Wages and workers’ rights in the informal sectors are always neglected. 

When asked about supporting workers in non-export-oriented industries, Planning Minister MA Mannan said: “The bigger fund we have, the better. But we will also have to see if we can afford it. 

He said it’s easier to work with RMG workers as they are organized and enlisted. “But the government will also make sure that workers in other industries aren’t deprived of support.” 

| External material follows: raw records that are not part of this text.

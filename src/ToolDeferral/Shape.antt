-- ===== src/ToolDeferral/Shape.antt =====
-- What a transformed request keeps of the request: everything but the marks on the tools.
use orichum.Base.{
  String, Bool, true, false, not, ◌&&◌, Option, none, some, List, [], ◌∷◌, ◌++◌, map, ◌≡◌, ◌≢◌,
  refl, ◌∙◌, sym, subst, ◌⊎◌, inl, inr, ◌==◌, string_eq, select, if◌then◌else◌, Bool-cases,
  Option-cases, List-cases, arith,
}
use orichum.Base.Dict.{Dict, lookup, insert, erase, lookup-insert, lookup-erase}
use orichum.Json.{
  Json, null, bool, arr, obj, Items, Fields, entries, items, array, object, entries-from_entries,
}
use orichum.ToolDeferral.{
  get, set_key, pop_key, defer, is_source, is_resident, named_in, eligible_client_tool, find_last,
  change_last, move_breakpoint, preserve_cache_breakpoint, accepts, transform_tools,
  transform_document, search_tool, is_dict,
}

get-set_key :
    (j k : String) (v : Json) (t : Json)
    → get j (set_key k v t) ≡ (if is_dict t && j == k then some v else get j t)
unfolding get set_key is_dict
get-set_key j k v (obj fs) =
    rw (entries-from_entries (insert k v (entries fs))) (lookup-insert j k v (entries fs))
get-set_key j k v null = refl
get-set_key j k v _ = refl

get-pop_key : (j k : String) (t : Json) → get j (pop_key k t) ≡ (if j == k then none else get j t)
unfolding get pop_key
get-pop_key j k (obj fs) =
    rw (entries-from_entries (erase k (entries fs))) (lookup-erase j k (entries fs))
get-pop_key j k null = ground arith
get-pop_key j k _ = ground arith

-- Two lists of one length, related item by item.
abbrev pub Pointwise : (Json → Json → Type 0) → List Json → List Json → Type 0
Pointwise R [] [] = Unit
Pointwise R [] (y ∷ ys) = ⊥
Pointwise R (x ∷ xs) [] = ⊥
Pointwise R (x ∷ xs) (y ∷ ys) = R x y × Pointwise R xs ys

-- A tool is kept but for its cache mark, and it is deferred if it may be and is not resident.
pub record Kept (resident : List String) (t u : Json) : Type 0 where
  pub others : (k : String) → k ≢ "defer_loading" → k ≢ "cache_control" → get k u ≡ get k t
  pub mark : get "defer_loading" u ≡ (
      if eligible_client_tool t && not (named_in resident t)
      then some (bool true)
      else get "defer_loading" t)

module _ (R : Json → Json → Type 0) where
  Pointwise-map :
      (f : Json → Json) (xs : List Json) → ((x : Json) → R x (f x)) → Pointwise R xs (map f xs)
  Pointwise-map f [] h = tt
  Pointwise-map f (x ∷ xs) h = (h x, Pointwise-map f xs h)

  Pointwise-map_after :
      (f : Json → Json) (xs ys : List Json)
      → ((x y : Json) → R x y → R x (f y))
      → Pointwise R xs ys
      → Pointwise R xs (map f ys)
  Pointwise-map_after f [] [] h r = tt
  Pointwise-map_after f [] (y ∷ ys) h r = absurd r
  Pointwise-map_after f (x ∷ xs) [] h r = absurd r
  Pointwise-map_after f (x ∷ xs) (y ∷ ys) h r = (h x y r.0, Pointwise-map_after f xs ys h r.1)

  change_last-some :
      (p : Json → Bool) (f : Json → Json) (y z : Json) (ys : List Json)
      → find_last p ys ≡ some z
      → change_last p f (y ∷ ys) ≡ y ∷ change_last p f ys
  unfolding change_last
  change_last-some p f y z ys e = ground (arith, e)

  change_last-none :
      (p : Json → Bool) (f : Json → Json) (y : Json) (ys : List Json)
      → find_last p ys ≡ none
      → change_last p f (y ∷ ys) ≡ (if p y then f y ∷ ys else y ∷ ys)
  unfolding change_last
  change_last-none p f y ys e = ground (arith, e)

  Pointwise-change_last :
      (p : Json → Bool) (f : Json → Json) (xs ys : List Json)
      → ((x y : Json) → R x y → R x (f y))
      → Pointwise R xs ys
      → Pointwise R xs (change_last p f ys)
  unfolding change_last
  Pointwise-change_last p f [] [] h r = tt
  Pointwise-change_last p f [] (y ∷ ys) h r = absurd r
  Pointwise-change_last p f (x ∷ xs) [] h r = absurd r
  Pointwise-change_last p f (x ∷ xs) (y ∷ ys) h r =
      let deeper = Pointwise-change_last p f xs ys h r.1 in
      elim (Option-cases (find_last p ys)) [
        | inr (z, e) ↦
            subst (Pointwise R (x ∷ xs)) (sym (change_last-some p f y z ys e)) (r.0, deeper)
        | inl e ↦
            subst (Pointwise R (x ∷ xs)) (sym (change_last-none p f y ys e))
              (elim (Bool-cases (p y)) [ inl t ↦ rw t (h x y r.0, r.1) | inr n ↦ rw n r ])
      ]

defer-Kept : (resident : List String) (t : Json) → Kept resident t (defer resident t)
unfolding defer
defer-Kept resident t = record {
  others = λ k n m. ground (arith, get-set_key k "defer_loading" (bool true) t, dict_of t);
  mark = ground (arith, get-set_key "defer_loading" "defer_loading" (bool true) t, dict_of t);
}
  where
    dict_of : (u : Json) → eligible_client_tool u ≡ true → is_dict u ≡ true
    dict_of u h = unfold eligible_client_tool in ground arith

differ : ◌==◌ {A = String} "defer_loading" "cache_control" ≡ false
unfolding string_eq
differ = refl

and_false : (b : Bool) → (b && false) ≡ false
and_false true = refl
and_false false = refl

-- Where the cache mark can be kept, the tools stay, or the mark moves.
preserved :
    (resident : List String) (ys zs : List Json)
    → preserve_cache_breakpoint resident ys ≡ some zs
    → (zs ≡ ys) ⊎ ((value : Json) × (zs ≡ move_breakpoint resident value ys))
unfolding preserve_cache_breakpoint
preserved resident ys zs h = elim (List-cases (select is_source ys)) [
  | inl e ↦ inl (ground (arith, e))
  | inr (inr (a, b, l, e)) ↦ ground (arith, e)
  | inr (inl (a, e)) ↦ elim (Option-cases (get "cache_control" a)) [
    | inl n ↦ ground (arith, e, n)
    | inr (value, v) ↦ inr (value, ground (arith, e, v))
  ]
]

set-Kept :
    (resident : List String) (v : Json) (t u : Json)
    → Kept resident t u
    → Kept resident t (set_key "cache_control" v u)
set-Kept resident v t u k = record {
  others = λ j n m. ground (arith, get-set_key j "cache_control" v u, k.others j n m);
  mark =
      get-set_key "defer_loading" "cache_control" v u ∙ rw (differ, and_false (is_dict u)) k.mark;
}

pop-Kept :
    (resident : List String) (t u : Json)
    → Kept resident t u
    → Kept resident t (if is_source u then pop_key "cache_control" u else u)
pop-Kept resident t u k = elim (Bool-cases (is_source u)) [
  | inr n ↦ rw n k
  | inl s ↦ rw s (record {
    others = λ j n m. ground (arith, get-pop_key j "cache_control" u, k.others j n m);
    mark = get-pop_key "defer_loading" "cache_control" u ∙ rw differ k.mark;
  })
]

move_breakpoint-Kept :
    (resident : List String) (value : Json) (xs ys : List Json)
    → Pointwise (Kept resident) xs ys
    → Pointwise (Kept resident) xs (move_breakpoint resident value ys)
unfolding move_breakpoint
move_breakpoint-Kept resident value xs ys r =
    Pointwise-change_last (Kept resident) (is_resident resident) (set_key "cache_control" value) xs
      (map (λ t. if is_source t then pop_key "cache_control" t else t) ys) (set-Kept resident value)
      (Pointwise-map_after (Kept resident)
        (λ t. if is_source t then pop_key "cache_control" t else t) xs ys (pop-Kept resident) r)

preserve-Kept :
    (resident : List String) (xs ys zs : List Json)
    → Pointwise (Kept resident) xs ys
    → preserve_cache_breakpoint resident ys ≡ some zs
    → Pointwise (Kept resident) xs zs
preserve-Kept resident xs ys zs r h = elim (preserved resident ys zs h) [
  | inl same ↦ rw same r
  | inr (value, moved) ↦ rw moved (move_breakpoint-Kept resident value xs ys r)
]

pub transform_tools-Kept :
    (resident : List String) (xs zs : List Json)
    → transform_tools resident xs ≡ some zs
    → (ys : List Json) × (zs ≡ ys ++ search_tool ∷ []) × Pointwise (Kept resident) xs ys
unfolding transform_tools
transform_tools-Kept resident xs zs h =
    elim (Option-cases (preserve_cache_breakpoint resident (map (defer resident) xs))) [
      | inl e ↦ ground (arith, e)
      | inr (ys, e) ↦ (
        ys,
        ground (arith, e),
        preserve-Kept resident xs (map (defer resident) xs) ys
            (Pointwise-map (Kept resident) (defer resident) xs (defer-Kept resident)) e,
      )
    ]

-- The steps of a transformation.
pub record Made (resident : List String) (fs : Fields) (new : Json) : Type 0 where
  pub xs : Items
  pub tools : List Json
  pub given : lookup "tools" (entries fs) ≡ some (arr xs)
  pub accepted : accepts (entries fs) (items xs) ≡ true
  pub steps : transform_tools resident (items xs) ≡ some tools
  pub result : new ≡ object (insert "tools" (array tools) (entries fs))

pub transform_document-Made :
    (resident : List String) (fs : Fields) (new : Json)
    → transform_document resident (obj fs) ≡ some new
    → Made resident fs new
unfolding transform_document
transform_document-Made resident fs new h = go (lookup "tools" (entries fs)) refl
  where
    go : (o : Option Json) → lookup "tools" (entries fs) ≡ o → Made resident fs new
    go none e = ground (arith, e)
    go (some (arr xs)) e = elim (Option-cases (transform_tools resident (items xs))) [
      | inl f ↦ ground (arith, e, f)
      | inr (tools, f) ↦ record {
        xs = xs;
        tools = tools;
        given = e;
        accepted = ground (arith, e, f);
        steps = f;
        result = ground (arith, e, f);
      }
    ]
    go (some v) e = ground (arith, e)

pub get-object : (k : String) (d : Dict String Json) → get k (object d) ≡ lookup k d
unfolding get
get-object k d = rw entries-from_entries

-- A transformed request differs from the request in its tools alone. They are the request's, in
-- order, each kept but for its cache mark and deferred exactly if it may be and is not resident,
-- and then the search tool.
pub transform_document-Kept :
    (resident : List String) (fs : Fields) (new : Json)
    → transform_document resident (obj fs) ≡ some new
    → (xs : Items) × (ys : List Json) × (lookup "tools" (entries fs) ≡ some (arr xs))
      × (get "tools" new ≡ some (array (ys ++ search_tool ∷ [])))
      × ((k : String) → k ≢ "tools" → get k new ≡ lookup k (entries fs))
      × Pointwise (Kept resident) (items xs) ys
transform_document-Kept resident fs new h =
    let made = transform_document-Made resident fs new h in
    let (ys, shape, kept) = transform_tools-Kept resident (items made.xs) made.tools made.steps in
    (
      made.xs,
      ys,
      made.given,
      rw (made.result, shape)
          (get-object "tools" _ ∙ lookup-insert "tools" "tools" _ (entries fs) ∙ ground arith),
      λ k other.
          rw made.result (get-object k _ ∙ lookup-insert k "tools" _ (entries fs) ∙ ground arith),
      kept,
    )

The workers who are not organized, if they return to their village homes, they will receive support through their upazila parishad chairpersons, the planning minister said. 

“Not a single worker will have to suffer hunger,” he said. “The plans will become clear in 10-12 days.” 

Dr Khondaker Golam Moazzem, researcher at Dhaka-based think tank Centre for Policy Dialogue (CPD), said: “A fund for small and medium entrepreneurs is urgent. Wages of workers in the small and medium enterprises must be taken into consideration.”

Of the total labour force in the country, around 24 million work in agriculture, Dr Moazzem said. 

“The agriculture sector won’t face any problem. But the workers in other industries and sectors will need the government’s assistance,” he added.